Ignorance and Cooperation The angels in the last chapter practiced a decentralized from of cooperation.

They did so to limit the effects of their ignorance. They ended up playing the same type of games that one might expect selfish creatures to play. Naturally, there are differences between selfish and unselfish individuals but people often look for these differences in the wrong places.

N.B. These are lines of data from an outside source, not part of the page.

-- ===== src/Maintenance/Budget.antt =====
-- The budget that eviction reaches.
use gocachez.Prelude.{
  ℕ, ◌+◌, ◌≡◌, refl, sym, ap, ◌∙◌, ◌⊎◌, Bool, true, false, Option, none, some, List, [], ◌∷◌,
  select, arith, Bool-cases, inl, inr, All, All-imp, length, ltb,
}
use gocachez.Prelude.Int.{ℤ, pos, leb_ℤ, ◌-ℤ◌}
use gocachez.Catalog.{Key, OutputRow, Catalog, delete_where, has_output_id, evict_output}
use gocachez.Catalog.Listing.{compressed_size, sum_of}
use gocachez.Catalog.Tables.{Apart, All-delete_where}
use gocachez.Catalog.WellFormed.{Unlike}
use gocachez.Store.State.{update}
use gocachez.Maintenance.Evict.{
  PruneCandidate, Cache, Round, evict_each, evict_to_max_size, is_chosen,
}
use gocachez.Maintenance.Rounds.{
  tables, prepend, enough, stopped, unlinked, kept, gone, turn, doomed, outputs-evict_output,
  removed-evict_output, evict_each-All,
}
use gocachez.Maintenance.Unlink.{select-nil, alone, removed_rows, tables-Apart}

-- The size of a candidate is the compressed size of the row that it was chosen from, unless the row
-- has been accessed since.
abbrev pub Priced : List PruneCandidate → List OutputRow → Type 0
Priced [] xs = Unit
Priced (c ∷ cs) xs = All (λ o. doomed c o ≡ true → o.compressed_size ≡ c.size) xs × Priced cs xs

Priced-delete_where :
    (cs : List PruneCandidate) (d : OutputRow → Bool) (xs : List OutputRow)
    → Priced cs xs
    → Priced cs (delete_where d xs)
Priced-delete_where [] d xs a = tt
Priced-delete_where (c ∷ cs) d xs a = (
  All-delete_where (λ o. doomed c o ≡ true → o.compressed_size ≡ c.size) d xs a.0,
  Priced-delete_where cs d xs a.1,
)

-- What a round takes off the total is what the table lost.
sum_of-removed :
    (c : PruneCandidate) (xs : List OutputRow)
    → Apart Unlike xs
    → All (λ o. doomed c o ≡ true → o.compressed_size ≡ c.size) xs
    → ltb 0 (length (select (doomed c) xs)) ≡ true
    → sum_of (λ o. o.compressed_size) xs
      ≡ c.size + sum_of (λ o. o.compressed_size) (delete_where (doomed c) xs)
unfolding delete_where select sum_of
sum_of-removed c [] a p h = absurd (ground arith)
sum_of-removed c (x ∷ xs) a p h = elim (Bool-cases (doomed c x)) [
  | inl t ↦
      let rest = alone c x xs (ground (arith, t)) a.0 in
      ground (arith, t, (select-nil c xs rest).1, p.0 t)
  | inr f ↦ let ih = sum_of-removed c xs a.1 p.1 (ground (arith, f)) in ground (arith, f, ih)
]

delete_where-kept :
    (c : PruneCandidate) (xs : List OutputRow)
    → ltb 0 (length (select (doomed c) xs)) ≡ false
    → (delete_where (doomed c) xs ≡ xs) × All (λ o. doomed c o ≡ false) xs
unfolding delete_where select
delete_where-kept c [] h = (refl, tt)
delete_where-kept c (x ∷ xs) h = elim (Bool-cases (doomed c x)) [
  | inl t ↦ absurd (ground (arith, t))
  | inr f ↦
      let ih = delete_where-kept c xs (ground (arith, f)) in (ground (arith, f, ih.0), (f, ih.1))
]

-- The catalog is within the budget, or nothing that was chosen is left.
abbrev pub Settled : ℤ → List PruneCandidate → Catalog → Type 0
Settled max_size cs c =
    (leb_ℤ (pos (compressed_size c)) max_size ≡ true) ⊎ All (λ o. is_chosen cs o ≡ false) c.outputs

All-chosen :
    (c : PruneCandidate) (cs : List PruneCandidate) (xs : List OutputRow)
    → All (λ o. doomed c o ≡ false) xs
    → All (λ o. is_chosen cs o ≡ false) xs
    → All (λ o. is_chosen (c ∷ cs) o ≡ false) xs
unfolding is_chosen
All-chosen c cs [] a b = tt
All-chosen c cs (x ∷ xs) a b = (ground (arith, a.0, b.0), All-chosen c cs xs a.1 b.1)

nothing_chosen : (xs : List OutputRow) → All (λ o. is_chosen [] o ≡ false) xs
unfolding is_chosen
nothing_chosen [] = tt
nothing_chosen (x ∷ xs) = (refl, nothing_chosen xs)

doomed-removed :
    (c : PruneCandidate) (xs : List OutputRow)
    → Apart Unlike xs
    → ltb 0 (length (select (doomed c) xs)) ≡ true
    → All (λ o. doomed c o ≡ false) (delete_where (doomed c) xs)
doomed-removed c xs a h =
    All-imp (λ o. has_output_id c.output_id o ≡ false) (λ o. doomed c o ≡ false)
      (delete_where (doomed c) xs) (λ o f. ground (arith, f)) (removed_rows c xs a h)

prepend-some :
    (k : Key) (r : Option (List Key)) (keys : List Key)
    → prepend k r ≡ some keys
    → (ks : List Key) × (r ≡ some ks)
prepend-some k none keys h = absurd (ground arith)
prepend-some k (some ks) keys h = (ks, refl)

module _ (c : PruneCandidate) (s : Catalog) where
  compressed_size-kept :
      (evict_output c.output_id c.accessed_at s).0 ≡ false
      → compressed_size (evict_output c.output_id c.accessed_at s).1 ≡ compressed_size s
  unfolding compressed_size evict_output
  compressed_size-kept f = ap (sum_of (λ o. o.compressed_size)) (delete_where-kept c s.outputs f).0

  compressed_size-gone :
      Apart Unlike s.outputs
      → All (λ o. doomed c o ≡ true → o.compressed_size ≡ c.size) s.outputs
      → (evict_output c.output_id c.accessed_at s).0 ≡ true
      → compressed_size s ≡ c.size + compressed_size (evict_output c.output_id c.accessed_at s).1
  unfolding compressed_size evict_output
  compressed_size-gone a p t = sum_of-removed c s.outputs a p t

less_total : (a b n : ℕ) → a ≡ n + b → pos a -ℤ pos n ≡ pos b
unfolding ◌-ℤ◌
less_total a b n h = ground arith

spared :
    (c : PruneCandidate) (xs : List OutputRow)
    → ltb 0 (length (select (doomed c) xs)) ≡ false
    → All (λ o. doomed c o ≡ false) (delete_where (doomed c) xs)
spared c xs h =
    All-delete_where (λ o. doomed c o ≡ false) (doomed c) xs (delete_where-kept c xs h).1

module _ (rounds : ℕ → Round) (max_size : ℤ) where
  Settled-chosen :
      (c : PruneCandidate) (cs : List PruneCandidate) (n : ℕ) (total : ℤ) (s : Cache)
      → All (λ o. doomed c o ≡ false) s.catalog.outputs
      → Settled max_size cs (evict_each rounds max_size cs n total s).1.catalog
      → Settled max_size (c ∷ cs) (evict_each rounds max_size cs n total s).1.catalog
  Settled-chosen c cs n total s left (inl b) = inl b
  Settled-chosen c cs n total s left (inr r) = inr (
      All-chosen c cs _ (evict_each-All (λ o. doomed c o ≡ false) rounds max_size cs n total s left)
        r)

  evict_each-Settled :
      (cs : List PruneCandidate) (n : ℕ) (total : ℤ) (s : Cache) (keys : List Key)
      → Apart Unlike s.catalog.outputs
      → Priced cs s.catalog.outputs
      → total ≡ pos (compressed_size s.catalog)
      → (evict_each rounds max_size cs n total s).0 ≡ some keys
      → Settled max_size cs (evict_each rounds max_size cs n total s).1.catalog
  evict_each-Settled [] n total s keys a p size h =
      unfold evict_each in inr (nothing_chosen s.catalog.outputs)
  evict_each-Settled (c ∷ cs) n total s keys a p size h =
      let xs = s.catalog.outputs in
      let less = tables-Apart rounds max_size c cs n total s a in
      let priced = Priced-delete_where cs (doomed c) xs p.1 in
      elim (turn rounds max_size c cs n total s) [
        | enough t e ↦ rw e (inl (rw size at t))
        | stopped e ↦ absurd (ground (arith, ap (λ r. r.0) e))
        | unlinked t e ↦ absurd (ground (arith, ap (λ r. r.0) e))
        | kept t e ↦
            let st : Cache = record s { catalog = tables rounds max_size c cs n total s } in
            rw e (
              Settled-chosen c cs (n + 1) total st
                (rw (outputs-evict_output c s.catalog)
                  (spared c xs (sym (removed-evict_output c s.catalog) ∙ t)))
                (evict_each-Settled cs (n + 1) total st keys less
                  (rw (outputs-evict_output c s.catalog) priced)
                  (size ∙ ap pos (sym (compressed_size-kept c s.catalog t)))
                  (ap (λ r. r.0) (sym e) ∙ h)))
        | gone t e ↦
            let st : Cache = record s {
              catalog = tables rounds max_size c cs n total s;
              blobs = update c.output_id none s.blobs;
            } in
            let (ks, some_keys) = prepend-some c.output_id _ keys (ap (λ r. r.0) (sym e) ∙ h) in
            let rest = total -ℤ pos c.size in
            rw e (
              Settled-chosen c cs (n + 1) rest st
                (rw (outputs-evict_output c s.catalog)
                  (doomed-removed c xs a (sym (removed-evict_output c s.catalog) ∙ t)))
                (evict_each-Settled cs (n + 1) rest st ks less
                  (rw (outputs-evict_output c s.catalog) priced)
                  (ap (λ x. x -ℤ pos c.size) size
                    ∙ less_total _ _ c.size (compressed_size-gone c s.catalog a p.0 t))
                  some_keys))
      ]

-- Eviction that returns without an error has done its work: where output IDs are unique and the
-- candidates carry the sizes of the rows that they were chosen from, the compressed blobs that the
-- catalog accounts for fit the budget afterwards, or no row that was chosen is left.
pub evict_to_max_size-Settled :
    (rounds : ℕ → Round) (sized : Bool) (max_size : ℤ) (cs : List PruneCandidate) (s : Cache)
    (keys : List Key)
    → Apart Unlike s.catalog.outputs
    → Priced cs s.catalog.outputs
    → (evict_to_max_size rounds sized max_size cs s).0 ≡ some keys
    → Settled max_size cs (evict_to_max_size rounds sized max_size cs s).1.catalog
unfolding evict_to_max_size
evict_to_max_size-Settled rounds sized max_size [] s keys a p h =
    inr (nothing_chosen s.catalog.outputs)
evict_to_max_size-Settled rounds sized max_size (c ∷ cs) s keys a p h = elim (Bool-cases sized) [
  | inl t ↦ rw t (
      evict_each-Settled rounds max_size (c ∷ cs) 0 (pos (compressed_size s.catalog)) s keys a p
        refl (rw t at h))
  | inr f ↦ absurd (ground (arith, f))
]
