-- ===== src/Maintenance/Plan.antt =====
-- `planToMaxSize` of cache.go and `evictionCandidates` of catalog.go. The pages are separate reads,
-- so each sees the catalog of its own time.
use gocachez.Prelude.{
  ℕ, zero, suc, ◌+◌, Bool, true, false, ◌&&◌, ◌||◌, Option, none, some, List, [], ◌∷◌, ◌++◌, map,
  take, same, select, if◌then◌else◌,
}
use gocachez.Prelude.Int.{ℤ, pos, negsuc, leb_ℤ, ltb_ℤ, eqb_ℤ, ◌-ℤ◌}
use gocachez.Catalog.{Key, OutputRow, Catalog}
use gocachez.Catalog.Listing.{compressed_size}
use gocachez.Maintenance.Evict.{PruneCandidate}

-- `evictionCursor`, a key of the index on `outputs`.
pub record EvictionCursor : Type 0 where
  pub accessed_at : ℤ
  pub size : ℤ
  pub id : ℤ

abbrev pub cursor_of : PruneCandidate → EvictionCursor
cursor_of c = record { accessed_at = c.accessed_at; size = pos c.size; id = pos c.id }

-- The order of the index.
unfoldable pub is_before : EvictionCursor → EvictionCursor → Bool
is_before a b =
    ltb_ℤ a.accessed_at b.accessed_at
    || (eqb_ℤ a.accessed_at b.accessed_at
        && (ltb_ℤ a.size b.size || (eqb_ℤ a.size b.size && ltb_ℤ a.id b.id)))

abbrev pub candidate_of : OutputRow → PruneCandidate
candidate_of o = record {
  output_id = o.output_id;
  id = o.id;
  size = o.compressed_size;
  accessed_at = o.accessed_at;
}

-- ORDER BY accessed_at, compressed_size, id
unfoldable pub insert_candidate : PruneCandidate → List PruneCandidate → List PruneCandidate
insert_candidate c [] = c ∷ []
insert_candidate c (d ∷ ds) =
    if is_before (cursor_of d) (cursor_of c) then d ∷ insert_candidate c ds else c ∷ d ∷ ds

unfoldable pub order_candidates : List PruneCandidate → List PruneCandidate
order_candidates [] = []
order_candidates (c ∷ cs) = insert_candidate c (order_candidates cs)

-- `evictionCandidates`
unfoldable pub eviction_candidates : Catalog → EvictionCursor → ℕ → List PruneCandidate
eviction_candidates c after limit =
    take limit
      (order_candidates (select (λ d. is_before after (cursor_of d)) (map candidate_of c.outputs)))

abbrev pub eviction_sample_size : ℕ
eviction_sample_size = 2048

unfoldable pub is_seen : Key → List PruneCandidate → Bool
is_seen key [] = false
is_seen key (c ∷ cs) = same c.output_id key || is_seen key cs

-- The inner loop: the candidates so far, the latest last, and what is still needed. It ends when
-- nothing is needed any more.
unfoldable pub take_batch : List PruneCandidate → List PruneCandidate → ℤ → List PruneCandidate × ℤ
take_batch [] chosen need = (chosen, need)
take_batch (c ∷ cs) chosen need = elim (is_seen c.output_id chosen) [
  | true ↦ take_batch cs chosen need
  | false ↦ elim (leb_ℤ (need -ℤ pos c.size) (pos 0)) [
    | true ↦ (chosen ++ c ∷ [], need -ℤ pos c.size)
    | false ↦ take_batch cs (chosen ++ c ∷ []) (need -ℤ pos c.size)
  ]
]

abbrev pub last_of : PruneCandidate → List PruneCandidate → PruneCandidate
last_of c [] = c
last_of c (d ∷ ds) = last_of d ds

-- The outer loop. `pages` is the catalog at each read, none a read that fails. Out of fuel it
-- returns none, as at a failure.
unfoldable pub plan_pages :
    (ℕ → Option Catalog)
    → ℕ
    → ℕ
    → EvictionCursor
    → List PruneCandidate
    → ℤ
    → Option (List PruneCandidate)
plan_pages pages zero n cursor chosen need = none
plan_pages pages (suc fuel) n cursor chosen need = elim (leb_ℤ need (pos 0)) [
  | true ↦ some chosen
  | false ↦ elim (pages n) [
    | none ↦ none
    | some c ↦ elim (eviction_candidates c cursor eviction_sample_size) [
      | [] ↦ some chosen
      | d ∷ ds ↦
          let (chosen', need') = take_batch (d ∷ ds) chosen need in
          plan_pages pages fuel (n + 1) (cursor_of (last_of d ds)) chosen' need'
    ]
  ]
]

-- `planToMaxSize`, whose first read is the total.
unfoldable pub plan_to_max_size :
    (ℕ → Option Catalog) → ℕ → ℤ → ℤ → Option Catalog → Option (List PruneCandidate)
plan_to_max_size pages fuel max_size entry_cutoff sized =
    if leb_ℤ max_size (pos 0) then some [] else elim sized [
      | none ↦ none
      | some c ↦
          let total = pos (compressed_size c) in
          if leb_ℤ total max_size
          then some []
          else plan_pages pages fuel 0
              (record { accessed_at = entry_cutoff; size = negsuc 0; id = negsuc 0 }) []
              (total -ℤ max_size)
    ]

The story of the angels suggests important insights into the human world. Much that appears on the surface to be selfish may not really be so. Humans are not angels: We humans are composite creatures whose behavior is directed by the ongoing struggle between the various memes that have created us. Thus human behavior is much more complicated than the simple unselfishness of the angels. Nevertheless, the human world and the world of the angels are remarkably similar.

It is difficult to overestimate human ignorance. The problems described in the angels’ economy are very evident in the human world. Among modern economists, Friedrich Hayek was perhaps most important in bringing the problems of ignorance to the fore. Hayek saw man as a tribal creature profoundly uncomfortable with individualism. Mankind only moves reluctantly toward an open individualistic system because he needs to deal with the growing gap between what each individual knows and the total knowledge necessary for society to function.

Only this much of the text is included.